IMHO the time to identify folks that can be trusted after SHTF is before SHTF. after SHTF, ain’t nobody gonna know about my preps, and we will have immediate security needs (living in suburbia), so I need to know who we can trust to potentially combine households, or count on should looters come to my door. Our group has comms, full kit, and a plan for various situations and security threats. Again, that’s my situation, and I get some people might have it different, living in more rural areas. 

imho the two most overlooked preps are security and a network. You can have all the preps in the world, but unless you have the means to protect those preps, you won’t have them for long. A network is an important step in security (safety in numbers). one family will find it hard provide a 24/7 watch. And living remote is definitely a big security measure I think, but eventually people can find you. Remote isn’t a sure thing. I feel like life (survival) is just going to be easier with more people. 

but ya, if I were serious about prepping, I’d find a nice remote off grid cabin to live full time.. but unfortunately that’s not in the cards for any of our group, so we make the best of our situations (until it gets hairy in the burbs and we’re forced to BO to one of our remote cabins). We live about as far away from “work in the city” as possible, in a nice neighborhood (community) that is good for the kids.


----------



## Trihonda (Aug 24, 2020)

I love John Lovell. Like me, he’s security minded, and trying to figure the rest out. I dont have all the answers, for sure. But I couldn’t agree more with John’s assessment of a network.


----------



## Megamom134 (Jan 30, 2021)

I actually would love to have a like minded group of people in town and I do encourage everyone to prep for at least a 3 month supply which is easier to approach since the grid went down in Texas, people are more open, I don't go into detail but just what if that happened here type stuff. And tornado season is starting. The fasted recorded tornado on record was only about 40 miles from here. I tell them to read FEMA's recommendations. I would feel better with a group since we are older, but still can contribute, we are basically healthy, just closer to the grave then we used to be.


----------



## Back Pack Hack (Sep 15, 2016)

I tried last year to have a group meeting of people I _KNOW_ are preppers. It never materialized. Even after planning four months in advance, everyone came up with the most stupid reasons. Everything from "Oh, I forgot.... that's the Saturday my daughter's getting married." to "I can't... that's the day I clean the lint out of my navel."


----------



## Slippy (Nov 14, 2013)

Megamom134 said:


> My closest neighbor, although a good neighbor since he keeps to himself but will help out when needed has 2 daughters that both weigh over 250 each.


Are the daughters of legal age and are they a STRONG CORN FED COUNTRY STRONG 250LBS or a FAT BLOB of 250LBs? And are they MUTE?
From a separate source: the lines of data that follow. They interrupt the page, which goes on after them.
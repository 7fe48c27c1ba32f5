-- ===== src/Planning/Join/Path.antt =====
-- A path that `_shortest_path` returns leads over edges of the graph from a start entity to the
-- target, and it always returns.
use nl2data_core.Common.{
  ℕ, zero, suc, ◌+◌, ◌≡◌, refl, sym, subst, inl, inr, Bool-cases, Option-cases, true, some, List,
  [], ◌∷◌, String, ok, arith, contains, ltb, length,
}
use nl2data_core.Common.Dict.{lookup, has_key}
use nl2data_core.Planning.Join.Graph.{RelationshipEdge, Hop, Adjacency}
use nl2data_core.Planning.Join.Search.{
  Search, walk_back, PathResult, unreachable, ambiguous, found, read_path, shortest_path,
}
use nl2data_core.Planning.Join.Hops.{IsHop, AllHops}
use nl2data_core.Planning.Join.Invariant.{Inv}
use nl2data_core.Planning.Join.Fuel.{search_from_starts}

-- Hops of the graph, each from where the one before it ended.
abbrev pub Chain : List RelationshipEdge → String → List Hop → String → Type 0
Chain edges from [] to = from ≡ to
Chain edges from (hop ∷ hops) to = IsHop edges from hop × Chain edges hop.entity hops to

-- A path from one of the starts.
pub record Leads (edges : List RelationshipEdge) (starts : List String) (path : List Hop)
    (to : String) : Type 0 where
  pub start : String
  pub starts_there : contains start starts ≡ true
  pub chain : Chain edges start path to

module _ (edges : List RelationshipEdge) (starts : List String) where
  walk_back-Leads :
      (s : Search) (d : ℕ) (current : String) (path : List Hop) (to : String)
      → Inv edges starts s
      → lookup current s.distances ≡ some d
      → Chain edges current path to
      → (p : List Hop) × (walk_back d starts s.parents current path ≡ ok p)
        × Leads edges starts p to
  unfolding walk_back
  walk_back-Leads s zero current path to v e c = elim (v.origin current zero e) [
    | inl start ↦ (path, rw start, record { start = current; starts_there = start; chain = c })
    | inr b ↦ absurd (omega (arith, b.one_more))
  ]
  walk_back-Leads s (suc d) current path to v e c = elim (Bool-cases (contains current starts)) [
    | inl start ↦ (path, rw start, record { start = current; starts_there = start; chain = c })
    | inr inside ↦ elim (v.origin current (suc d) e) [
      | inl start ↦ cc (sym start)
      | inr b ↦
          let (p, back, leads) =
            walk_back-Leads s d b.hop.entity (record b.hop { entity = current } ∷ path) to v
              (subst (λ n. lookup b.hop.entity s.distances ≡ some n) (omega (arith, b.one_more))
                b.parent_distance)
              (b.valid, c) in
          (p, ground (arith, b.parent, back), leads)
    ]
  ]

  -- What `_shortest_path` may return.
  abbrev pub Answers : String → PathResult → Type 0
  Answers to unreachable = Unit
  Answers to ambiguous = Unit
  Answers to (found path) = Leads edges starts path to

  read_path-Answers :
      (to : String) (s : Search)
      → Inv edges starts s
      → (r : PathResult) × (read_path starts to s ≡ ok r) × Answers to r
  unfolding read_path
  read_path-Answers to s v = elim (Option-cases (lookup to s.distances)) [
    | inl unseen ↦ (unreachable, ground arith, tt)
    | inr (d, e) ↦ elim (Option-cases (lookup to s.counts)) [
      | inl missing ↦ absurd (ground (arith, v.counted to))
      | inr (c, counted) ↦ elim (Bool-cases (ltb 1 c)) [
        | inl many ↦ (ambiguous, ground arith, tt)
        | inr one ↦
            let (p, back, leads) = walk_back-Leads s d to [] to v e refl in
            (found p, ground (arith, back), leads)
      ]
    ]
  ]

  -- `_shortest_path` always returns, and a path that it returns leads from a start to the target.
  pub shortest_path-Answers :
      (adjacency : Adjacency) (to : String)
      → AllHops edges adjacency
      → (r : PathResult) × (shortest_path (length edges + length edges) adjacency starts to ≡ ok r)
        × Answers to r
  unfolding shortest_path
  shortest_path-Answers adjacency to hops = elim (Bool-cases (contains to starts)) [
    | inl already ↦
        (found [], rw already refl, record { start = to; starts_there = already; chain = refl })
    | inr outside ↦ elim (Bool-cases (has_key to adjacency)) [
      | inr absent ↦ (unreachable, rw (outside, absent) refl, tt)
      | inl present ↦
          let (t, searched, v) = search_from_starts edges starts adjacency hops in
          let (r, read, answers) = read_path-Answers to t v in
          (r, rw (outside, present, searched) read, answers)
    ]
  ]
Because if they are the BACSMBGT (Big-Ass Country Strong Mute Big Girl Type), I'd like to see if your neighbor will sell them into indentured servitude (of course state and federal laws will apply). 

NOTE; If they are not MUTE, that is a dealbreaker. I do not need another woman back-talking me or chatting me up about nonsense and such. 
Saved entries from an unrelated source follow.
-- ===== src/Planning/Join/Progress.antt =====
-- The steps that the planner collects are connected: each one leaves an entity that the root or an
-- earlier step has introduced.
use mathlib.Core.List.{Memᴰ}
use nl2data_core.Common.{
  add_to_set_self, add_to_set_keeps, add_to_set_cases, add_to_set, ◌≡◌, refl, sym, subst, ◌⊎◌, inl,
  inr, Bool-cases, true, false, List, [], ◌∷◌, ◌++◌, String, Result, ok, ◌>>=◌, err, arith, All,
  All-append, contains, str_eq_iff,
}
use nl2data_core.Planning.Join.Graph.{
  RelationshipEdge, JoinStep, Direction, forward, reverse, PlannerError, invalid_step, invalid_plan,
  key_error, no_fuel, step_of, make_step, Hop,
}
use nl2data_core.Planning.Join.Planner.{Progress, take_hop, take_hops}
use nl2data_core.Planning.Join.Hops.{source_of, target_of, IsHop}
use nl2data_core.Planning.Join.Path.{Chain}

-- The entities known after some steps, from those known before.
abbrev pub introduced : List String → List JoinStep → List String
introduced known [] = known
introduced known (s ∷ steps) = introduced (s.right_entity_id ∷ known) steps

-- Each step leaves a known entity, and makes the one that it enters known.
abbrev pub IsConnected : List String → List JoinStep → Type 0
IsConnected known [] = Unit
IsConnected known (s ∷ steps) =
    (contains s.left_entity_id known ≡ true) × IsConnected (s.right_entity_id ∷ known) steps

-- A call of the planner returns a value with the property, or an identifier is refused by pydantic;
-- it meets no missing key and does not run out of rounds.
abbrev pub Returns : {A : Type 0} → (A → Type 0) → Result PlannerError A → Type 0
Returns P (ok a) = P a
Returns P (err invalid_step) = Unit
Returns P (err invalid_plan) = Unit
Returns P (err key_error) = ⊥
Returns P (err no_fuel) = ⊥

pub Returns-bind :
    {A B : Type 0} (P : A → Type 0) (Q : B → Type 0) (m : Result PlannerError A)
    (f : A → Result PlannerError B)
    → Returns P m
    → ((a : A) → P a → Returns Q (f a))
    → Returns Q (m >>= f)
Returns-bind P Q (ok a) f h k = k a h
Returns-bind P Q (err invalid_step) f h k = tt
Returns-bind P Q (err invalid_plan) f h k = tt
Returns-bind P Q (err key_error) f h k = absurd h
Returns-bind P Q (err no_fuel) f h k = absurd h

pub Returns-map :
    {A : Type 0} (P Q : A → Type 0) (m : Result PlannerError A)
    → ((a : A) → P a → Q a)
    → Returns P m
    → Returns Q m
Returns-map P Q (ok a) k h = k a h
Returns-map P Q (err invalid_step) k h = tt
Returns-map P Q (err invalid_plan) k h = tt
Returns-map P Q (err key_error) k h = h
Returns-map P Q (err no_fuel) k h = h

make_step_cases :
    (e : RelationshipEdge) (d : Direction)
    → (make_step e d ≡ ok (step_of e d)) ⊎ (make_step e d ≡ err invalid_step)
unfolding make_step
make_step_cases e d = ground arith

introduced-append :
    (known : List String) (steps : List JoinStep) (s : JoinStep)
    → introduced known (steps ++ s ∷ []) ≡ s.right_entity_id ∷ introduced known steps
introduced-append known [] s = refl
introduced-append known (x ∷ steps) s = introduced-append (x.right_entity_id ∷ known) steps s

IsConnected-append :
    (known : List String) (steps : List JoinStep) (s : JoinStep)
    → IsConnected known steps
    → contains s.left_entity_id (introduced known steps) ≡ true
    → IsConnected known (steps ++ s ∷ [])
IsConnected-append known [] s c h = (h, tt)
IsConnected-append known (x ∷ steps) s c h =
    (c.0, IsConnected-append (x.right_entity_id ∷ known) steps s c.1 h)

step_of_ends :
    (e : RelationshipEdge) (d : Direction)
    → ((step_of e d).left_entity_id ≡ source_of e d)
      × ((step_of e d).right_entity_id ≡ target_of e d)
step_of_ends e forward = (refl, refl)
step_of_ends e reverse = (refl, refl)

-- Where both ends of an edge are, the source and the target of its traversal are.
ends_cases :
    (P : String → Type 0) (e : RelationshipEdge) (d : Direction)
    → P (source_of e d)
    → P (target_of e d)
    → P e.left_entity_id × P e.right_entity_id
ends_cases P e forward s t = (s, t)
ends_cases P e reverse s t = (t, s)

target_visited :
    (P : String → Type 0) (e : RelationshipEdge) (d : Direction)
    → P e.left_entity_id
    → P e.right_entity_id
    → P (target_of e d)
target_visited P e forward l r = r
target_visited P e reverse l r = l

-- A step is made from an edge of the graph.
pub record IsStepOf (edges : List RelationshipEdge) (s : JoinStep) : Type 0 where
  pub edge : RelationshipEdge
  pub direction : Direction
  pub of_graph : Memᴰ edge edges
  pub made : s ≡ step_of edge direction

module _ (edges : List RelationshipEdge) (root : String) where
  pub record IsUsed (p : Progress) (id : String) : Type 0 where
    pub edge : RelationshipEdge
    pub of_graph : Memᴰ edge edges
    pub named : edge.edge_id ≡ id
    pub left_visited : contains edge.left_entity_id p.visited ≡ true
    pub right_visited : contains edge.right_entity_id p.visited ≡ true

  pub record IsSound (p : Progress) : Type 0 where
    pub connected : IsConnected (root ∷ []) p.steps
    pub known :
        (x : String)
        → contains x p.visited ≡ true
        → contains x (introduced (root ∷ []) p.steps) ≡ true
    pub used_visited : (id : String) → contains id p.used ≡ true → IsUsed p id
    pub from_edges : All (IsStepOf edges) p.steps

  abbrev Keeps : Progress → Progress → Type 0
  Keeps p q = (x : String) → contains x p.visited ≡ true → contains x q.visited ≡ true

  -- The progress with one more step.
  abbrev step_on : Hop → Progress → Progress
  step_on hop p = record {
    steps = p.steps ++ step_of hop.edge hop.direction ∷ [];
    visited = add_to_set hop.edge.right_entity_id (add_to_set hop.edge.left_entity_id p.visited);
    used = add_to_set hop.edge.edge_id p.used;
  }

  step_on-Keeps : (hop : Hop) (p : Progress) → Keeps p (step_on hop p)
  step_on-Keeps hop p x h =
      add_to_set_keeps x hop.edge.right_entity_id _
        (add_to_set_keeps x hop.edge.left_entity_id p.visited h)

  step_on-ends :
      (hop : Hop) (p : Progress)
      → (contains hop.edge.left_entity_id (step_on hop p).visited ≡ true)
        × (contains hop.edge.right_entity_id (step_on hop p).visited ≡ true)
  step_on-ends hop p = (
    add_to_set_keeps hop.edge.left_entity_id hop.edge.right_entity_id _
        (add_to_set_self hop.edge.left_entity_id p.visited),
    add_to_set_self hop.edge.right_entity_id _,
  )

  step_on-known :
      (hop : Hop) (p : Progress) (from : String)
      → IsSound p
      → IsHop edges from hop
      → contains from p.visited ≡ true
      → (x : String) → contains x (step_on hop p).visited ≡ true
      → contains x (introduced (root ∷ []) (step_on hop p).steps) ≡ true
  step_on-known hop p from v h here x c =
      rw (introduced-append (root ∷ []) p.steps (step_of hop.edge hop.direction))
        (elim (add_to_set_cases x hop.edge.right_entity_id _ c) [
          | inl e ↦ subst IsKnown (sym e) ends.1
          | inr c' ↦ elim (add_to_set_cases x hop.edge.left_entity_id p.visited c') [
            | inl e ↦ subst IsKnown (sym e) ends.0
            | inr old ↦ keep x (v.known x old)
          ]
        ])
    where
      IsKnown : String → Type 0
      IsKnown y =
          contains y
            ((step_of hop.edge hop.direction).right_entity_id ∷ introduced (root ∷ []) p.steps)
          ≡ true

      keep : (y : String) → contains y (introduced (root ∷ []) p.steps) ≡ true → IsKnown y
      keep y k = ground arith

      entered : IsKnown (target_of hop.edge hop.direction)
      entered = ground (
        arith,
        (step_of_ends hop.edge hop.direction).1,
        str_eq_iff (target_of hop.edge hop.direction)
            (step_of hop.edge hop.direction).right_entity_id,
      )

      ends : IsKnown hop.edge.left_entity_id × IsKnown hop.edge.right_entity_id
      ends =
          ends_cases IsKnown hop.edge hop.direction
            (keep _ (
              subst (λ y. contains y (introduced (root ∷ []) p.steps) ≡ true) (sym h.leaves)
                (v.known from here)))
            entered

  IsUsed-step_on :
      (hop : Hop) (p : Progress) {id : String} → IsUsed p id → IsUsed (step_on hop p) id
  IsUsed-step_on hop p u = record {
    edge = u.edge;
    of_graph = u.of_graph;
    named = u.named;
    left_visited = step_on-Keeps hop p u.edge.left_entity_id u.left_visited;
    right_visited = step_on-Keeps hop p u.edge.right_entity_id u.right_visited;
  }

  step_on-IsSound :
      (hop : Hop) (p : Progress) (from : String)
      → IsSound p
      → IsHop edges from hop
      → contains from p.visited ≡ true
      → IsSound (step_on hop p)
  step_on-IsSound hop p from v h here = record {
    connected =
        IsConnected-append (root ∷ []) p.steps (step_of hop.edge hop.direction) v.connected
          (rw ((step_of_ends hop.edge hop.direction).0, h.leaves) (v.known from here));
    known = step_on-known hop p from v h here;
    used_visited = λ id used. elim (add_to_set_cases id hop.edge.edge_id p.used used) [
      | inr old ↦ IsUsed-step_on hop p (v.used_visited id old)
      | inl e ↦ record {
        edge = hop.edge;
        of_graph = h.of_graph;
        named = sym e;
        left_visited = (step_on-ends hop p).0;
        right_visited = (step_on-ends hop p).1;
      }
    ];
    from_edges =
        All-append (IsStepOf edges) p.steps (step_of hop.edge hop.direction ∷ []) v.from_edges (
          record { edge = hop.edge; direction = hop.direction; of_graph = h.of_graph; made = refl },
          tt,
        );
  }

  take_hop_made :
      (hop : Hop) (p : Progress)
      → contains hop.edge.edge_id p.used ≡ false
      → make_step hop.edge hop.direction ≡ ok (step_of hop.edge hop.direction)
      → take_hop hop p ≡ ok (step_on hop p)
  unfolding take_hop
  take_hop_made hop p new made = ground (arith, new, made)

  -- Where the loop over a path has come after `p`.
  pub record Onward (p : Progress) (to : String) (q : Progress) : Type 0 where
    pub sound : IsSound q
    pub keeps : Keeps p q
    pub arrived : contains to q.visited ≡ true

  module _
      (unique : (e f : RelationshipEdge)
        → Memᴰ e edges
        → Memᴰ f edges
        → e.edge_id ≡ f.edge_id
        → e ≡ f) where
    -- An edge that is used already has both its ends visited.
    visited_before :
        (hop : Hop) (p : Progress) (from : String)
        → IsSound p
        → IsHop edges from hop
        → contains hop.edge.edge_id p.used ≡ true
        → Onward p hop.entity p
    visited_before hop p from v h again =
        let u = v.used_visited hop.edge.edge_id again in
        let same = unique u.edge hop.edge u.of_graph h.of_graph u.named in
        record {
          sound = v;
          keeps = λ x k. k;
          arrived = rw (← h.enters) (
              target_visited (λ y. contains y p.visited ≡ true) hop.edge hop.direction
                (subst (λ e. contains e.left_entity_id p.visited ≡ true) same u.left_visited)
                (subst (λ e. contains e.right_entity_id p.visited ≡ true) same u.right_visited));
        }

    take_hop-Onward :
        (hop : Hop) (p : Progress) (from : String)
        → IsSound p
        → IsHop edges from hop
        → contains from p.visited ≡ true
        → Returns (Onward p hop.entity) (take_hop hop p)
    unfolding take_hop
    take_hop-Onward hop p from v h here = elim (Bool-cases (contains hop.edge.edge_id p.used)) [
      | inl again ↦ rw (again, take_hop) (visited_before hop p from v h again)
      | inr new ↦ elim (make_step_cases hop.edge hop.direction) [
        | inr refused ↦ rw (new, refused) tt
        | inl made ↦
            subst (Returns (Onward p hop.entity)) (sym (take_hop_made hop p new made)) (record {
              sound = step_on-IsSound hop p from v h here;
              keeps = step_on-Keeps hop p;
              arrived = rw (← h.enters) (
                  target_visited (λ y. contains y (step_on hop p).visited ≡ true) hop.edge
                    hop.direction (step_on-ends hop p).0 (step_on-ends hop p).1);
            })
      ]
    ]

    pub take_hops-Onward :
        (hops : List Hop) (p : Progress) (from to : String)
        → IsSound p
        → Chain edges from hops to
        → contains from p.visited ≡ true
        → Returns (Onward p to) (take_hops hops p)
    unfolding take_hops
    take_hops-Onward [] p from to v c here = record {
      sound = v;
      keeps = λ x h. h;
      arrived = rw (← c) here;
    }
    take_hops-Onward (hop ∷ hops) p from to v c here =
        Returns-bind (Onward p hop.entity) (Onward p to) (take_hop hop p) (take_hops hops)
          (take_hop-Onward hop p from v c.0 here)
          (λ q o.
            Returns-map (Onward q to) (Onward p to) (take_hops hops q)
              (λ r n. record {
                sound = n.sound;
                keeps = λ x k. n.keeps x (o.keeps x k);
                arrived = n.arrived;
              })
              (take_hops-Onward hops q hop.entity to o.sound c.1 o.arrived))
Mrs Slippy is not even HALF their size and quite frankly, shes a bit dainty and I need some help doing shit around here that requires silent strength. Let me know and thanks!

Slippy

1-800-PIKES-R-US


----------



## Ranger710Tango (Feb 27, 2021)

Slippy said:


> Are the daughters of legal age and are they a STRONG CORN FED COUNTRY STRONG 250LBS or a FAT BLOB of 250LBs? And are they MUTE?
> 
> Because if they are the BACSMBGT (Big-Ass Country Strong Mute Big Girl Type), I'd like to see if your neighbor will sell them into indentured servitude (of course state and federal laws will apply).
> 
> ...


I like your signature line. So 1% of the idiots know what racism is ? 🤷‍♂️


----------



## Slippy (Nov 14, 2013)

Ranger710Tango said:


> I like your signature line. So 1% of the idiots know what racism is ? 🤷‍♂️


Happy to hear that you like it, Einstein!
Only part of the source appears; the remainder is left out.